Getting Started with bupaR
04 October 2022
Source:vignettes/getting_started.Rmd
getting_started.Rmd
Getting Started with bupaR
The bupaverse (alias bupaR (Janssenswillen et al. 2019)) is an open-source, integrated suite of R
-packages (R Core Team 2022) for handling and analysing business process data, developed by the Business Informatics Research Group at Hasselt University, Belgium. Profoundly inspired by the tidyverse (Wickham et al. 2019) package, the bupaverse package is designed to facilitate the installation and loading of multiple bupaverse packages in a single step.
bupaverse Package
The bupaverse is a collection of packages that can be conveniently installed from CRAN using a single R
command:
install.packages("bupaverse")
This will install the “core” packages that are required to start with business process analytics in R
. Currently, the “core” contains the following packages:
- bupaR: Core package for business process analysis.
- edeaR: Exploratory and descriptive analysis of event-based data.
- eventdataR: Repository of sample process data.
- processcheckR: Rule-based conformance checking and filtering.
- processmapR: Visualise event-based data using, i.a., process maps.
To start using these packages, you can load them all using a single R
command:
library(bupaverse)
#>
#> .______ __ __ .______ ___ ____ ____ _______ .______ _______. _______
#> | _ \ | | | | | _ \ / \ \ \ / / | ____|| _ \ / || ____|
#> | |_) | | | | | | |_) | / ^ \ \ \/ / | |__ | |_) | | (----`| |__
#> | _ < | | | | | ___/ / /_\ \ \ / | __| | / \ \ | __|
#> | |_) | | `--' | | | / _____ \ \ / | |____ | |\ \----.----) | | |____
#> |______/ \______/ | _| /__/ \__\ \__/ |_______|| _| `._____|_______/ |_______|
#>
#> -- Attaching packages --------------------------------------- bupaverse 0.1.0 --
#> v bupaR 0.5.2 v processcheckR 0.1.4
#> v edeaR 0.9.1 v processmapR 0.5.2
#> v eventdataR 0.3.1
#> -- Conflicts ------------------------------------------ bupaverse_conflicts() --
#> x bupaR::filter() masks stats::filter()
#> x processmapR::frequency() masks stats::frequency()
#> x edeaR::setdiff() masks base::setdiff()
#> x bupaR::timestamp() masks utils::timestamp()

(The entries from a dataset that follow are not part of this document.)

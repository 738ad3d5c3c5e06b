-- ===== src/LogValue/EntityLiteral.antt =====
-- `parse_value` of dogwood-language/src/interpreter/log_parse.rs on the entity literals that
-- `entity_uid_string` of dogwood-language/src/interpreter/value.rs writes.
use dogwood.Prelude.{
  ℕ, suc, ◌≡◌, ◌∙◌, refl, sym, ap, Bool, true, false, not, ◌&&◌, ◌||◌, Option, none, some, [], ◌∷◌,
  ◌++◌, Str, str, str_eq, str_eq_iff, ◌==◌, all, arith, Bool-cases, &&_split, inl, inr,
  if◌then◌else◌,
}
use mathlib.Core.List.{append_assoc}
use dogwood.Prelude.Results.{Result, ok}
use dogwood.Value.{Value}
use dogwood.Unicode.{Unicode, escape_debug, entity_uid_string}
use dogwood.LogText.{unescape, find_unescaped_quote, put_before}
use dogwood.LogText.RoundTrip.{AreScalars, unescape-escape_debug}
use dogwood.LogText.Quoted.{find_unescaped_quote-escape_debug}
use dogwood.LogValue.Ends.{strip_last-last, trim_end-last}
use dogwood.LogValue.{
  is_whitespace, trim_start, trim_end, trim, strip_last, enclosed, or_whole, unquote, after_open,
  entity_parts, contains_path, ends_with_quote, atom, words, parse_value_depth, parse_value,
}

strip_last-quote :
    (d : ℕ) (s : Str) → strip_last d (s ++ str "\"") ≡ (if b'"' == d then some s else none)
strip_last-quote d s = strip_last-last d b'"' s

trim_end-quote : (s : Str) → trim_end (s ++ str "\"") ≡ s ++ str "\""
unfolding is_whitespace
trim_end-quote s = trim_end-last b'"' s refl

-- The text starts with no white space.
abbrev pub StartsPlain : Str → Type 0
StartsPlain [] = ⊥
StartsPlain (c ∷ s) = is_whitespace c ≡ false

trim-quote : (s : Str) → StartsPlain (s ++ str "\"") → trim (s ++ str "\"") ≡ s ++ str "\""
unfolding trim trim_start
trim-quote s h = ap trim_end (untrimmed (s ++ str "\"") h) ∙ trim_end-quote s
  where
    untrimmed : (t : Str) → StartsPlain t → trim_start t ≡ t
    untrimmed [] h = absurd h
    untrimmed (c ∷ t) h = rw h refl

-- A text closed by a quote is no text that ends otherwise.
str_eq-quote : (s w : Str) → strip_last b'"' w ≡ none → str_eq (s ++ str "\"") w ≡ false
str_eq-quote s w h = elim (Bool-cases (str_eq (s ++ str "\"") w)) [
  | inr e ↦ e
  | inl e ↦
      let same : s ++ str "\"" ≡ w = (str_eq_iff (s ++ str "\"") w).0 e in
      let clash : some s ≡ none = sym (strip_last-quote b'"' s) ∙ ap (strip_last b'"') same ∙ h in
      absurd (ground arith)
]

enclosed-quote : (a d : ℕ) (s : Str) → (b'"' == d) ≡ false → enclosed a d (s ++ str "\"") ≡ none
unfolding enclosed strip_last
enclosed-quote a d [] h = elim (Bool-cases (b'"' == a)) [ inl e ↦ rw e refl | inr e ↦ rw e refl ]
enclosed-quote a d (c ∷ s) h = elim (Bool-cases (c == a)) [
  | inl e ↦ rw e (strip_last-quote d s ∙ ap (λ b. if b then some s else none) h)
  | inr e ↦ rw e refl
]

contains_path-append : (ty r : Str) → contains_path (ty ++ b':' ∷ b':' ∷ r) ≡ true
unfolding contains_path
contains_path-append [] r = refl
contains_path-append (a ∷ []) r = ground arith
contains_path-append (a ∷ b ∷ ty) r = or_true _ _ (contains_path-append (b ∷ ty) r)
  where
    or_true : (x y : Bool) → y ≡ true → (x || y) ≡ true
    or_true true y h = refl
    or_true false y h = h

-- No quote in the text.
abbrev pub IsUnquoted : Str → Type 0
IsUnquoted s = all (λ c. not (c == b'"')) s ≡ true

no_third : (x y : Bool) (s : Str) → y ≡ false → (if x && y then some s else none) ≡ none
no_third true y s h = rw h refl
no_third false y s h = refl

-- No `::"` starts before the first one that has no quote in front of it.
after_open-append :
    (a : ℕ) (ty t : Str) → IsUnquoted (a ∷ ty) → after_open (a ∷ (ty ++ (str "::\"" ++ t))) ≡ none
unfolding after_open
after_open-append a [] t h = no_third (a == b':' && true) false _ refl
after_open-append a (b ∷ []) t h = no_third (a == b':' && b == b':') false _ refl
after_open-append a (b ∷ c ∷ ty) t h =
    no_third (a == b':' && b == b':') (c == b'"') (ty ++ (str "::\"" ++ t)) (ground arith)

skip :
    (a : ℕ) (s : Str)
    → after_open (a ∷ s) ≡ none
    → entity_parts (a ∷ s) ≡ put_before a (entity_parts s)
unfolding entity_parts
skip a s h = rw (entity_parts, h) refl

-- The type of a literal is the text before its `::"`.
entity_parts-append :
    (ty t s : Str)
    → IsUnquoted ty
    → find_unescaped_quote t ≡ some (s, [])
    → entity_parts (ty ++ (str "::\"" ++ t)) ≡ some (ty, b'"' ∷ t)
entity_parts-append [] t s h e = unfold entity_parts after_open in rw e refl
entity_parts-append (a ∷ ty) t s h e =
    skip a (ty ++ (str "::\"" ++ t)) (after_open-append a ty t h)
    ∙ ap (put_before a) (
        entity_parts-append ty t s (&&_split (not (a == b'"')) (all (λ c. not (c == b'"')) ty) h).1
          e)

-- A text in quotes without white space in front is the text inside, decoded.
unquote-quoted : (s : Str) → unquote (b'"' ∷ (s ++ str "\"")) ≡ unescape s
unfolding unquote enclosed is_whitespace
unquote-quoted s =
    ap (λ t. unescape (or_whole (enclosed b'"' b'"' t) t)) (trim-quote (b'"' ∷ s) refl)
    ∙ ap (λ o. unescape (or_whole o (b'"' ∷ (s ++ str "\"")))) (strip_last-quote b'"' s)

module _ (u : Unicode) where
  -- The literal of an entity, as the text before its last quote.
  abbrev opened : Str → Str → Str
  opened ty id = ty ++ (str "::\"" ++ escape_debug u id)

  entity_uid_string-opened : (ty id : Str) → entity_uid_string u ty id ≡ opened ty id ++ str "\""
  unfolding entity_uid_string
  entity_uid_string-opened ty id =
      sym (append_assoc ty (str "::\"" ++ escape_debug u id) (str "\""))

  atom-opened :
      (ty id : Str)
      → IsUnquoted ty
      → AreScalars id
      → atom (opened ty id ++ str "\"") ≡ Value.entity ty id
  unfolding atom
  atom-opened ty id h sc =
      let whole : Str = opened ty id ++ str "\"" in
      let regrouped : whole ≡ ty ++ (str "::\"" ++ (escape_debug u id ++ str "\"")) =
        append_assoc ty (str "::\"" ++ escape_debug u id) (str "\"") in
      let path : contains_path whole ≡ true =
        ap contains_path regrouped ∙ contains_path-append ty _ in
      let closed : ends_with_quote whole ≡ true =
        ap is_given (strip_last-quote b'"' (opened ty id)) in
      let parts : entity_parts whole ≡ some (ty, b'"' ∷ (escape_debug u id ++ str "\"")) =
        ap entity_parts regrouped
        ∙ entity_parts-append ty (escape_debug u id ++ str "\"") (escape_debug u id) h
            (find_unescaped_quote-escape_debug u id []) in
      rw (path, closed, parts)
        (ap (Value.entity ty) (unquote-quoted (escape_debug u id) ∙ unescape-escape_debug u id sc))
    where
      is_given : Option Str → Bool
      is_given o = elim o [ none ↦ false | some _ ↦ true ]

  words-quote :
      (parse : Str → Result Value) (s : Str)
      → words parse (s ++ str "\"") ≡ ok (atom (s ++ str "\""))
  words-quote parse s =
      rw
        (
          str_eq-quote s (str "null") (unfold strip_last in refl),
          str_eq-quote s (str "true") (unfold strip_last in refl),
          str_eq-quote s (str "false") (unfold strip_last in refl),
          enclosed-quote b'[' b']' s refl,
          enclosed-quote b'{' b'}' s refl,
        )
        refl

  parse_value_depth-quote :
      (levels : ℕ) (s : Str)
      → StartsPlain (s ++ str "\"")
      → parse_value_depth (suc levels) (s ++ str "\"") ≡ ok (atom (s ++ str "\""))
  unfolding parse_value_depth
  parse_value_depth-quote levels s h =
      ap (words (parse_value_depth levels)) (trim-quote s h)
      ∙ words-quote (parse_value_depth levels) s

  opened-StartsPlain : (ty id : Str) → StartsPlain ty → StartsPlain (opened ty id ++ str "\"")
  opened-StartsPlain [] id h = absurd h
  opened-StartsPlain (c ∷ ty) id h = h

  -- A logged value that is the literal of an entity is read as that entity, whatever the Unicode tables of
  -- the escaping say: for a type name that starts with no white space and has no quote in it, and an id of
  -- scalar values.
  pub parse_value-entity_uid_string :
      (ty id : Str)
      → StartsPlain ty
      → IsUnquoted ty
      → AreScalars id
      → parse_value (entity_uid_string u ty id) ≡ ok (Value.entity ty id)
  unfolding parse_value
  parse_value-entity_uid_string ty id p h sc =
      ap (parse_value_depth 129) (entity_uid_string-opened ty id)
      ∙ parse_value_depth-quote 128 (opened ty id) (opened-StartsPlain ty id p)
      ∙ ap ok (atom-opened ty id h sc)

#> x processcheckR::xor() masks base::xor()
In addition to attaching the “core” packages, this command also reports which package versions were loaded and conflicts with previously loaded packages.
install.packages("bupaverse")
also installs “non-core” packages which are required for bupaverse to function. The “non-core” packages include: cli (Csárdi 2022), glue (Hester and Bryan 2022), magrittr (Bache and Wickham 2022), purrr (Henry and Wickham 2022a), and rlang (Henry and Wickham 2022b). Note that these packages are not attached by library(bupaverse)
.
Example
After the package has been loaded, you can start analysing process data, e.g., you can analyse and plot the processing time for each activity in the sample dataset eventdataR::patients
. Learn more about bupaverse at the bupaR.net homepage.
patients %>%
processing_time(level = "activity") %>%
plot()
Acknowledgements
The bupaverse development team would like to warmly thank all users who are actively contributing to the bupaverse framework by submitting issues and pull requests on the GitHub repositories.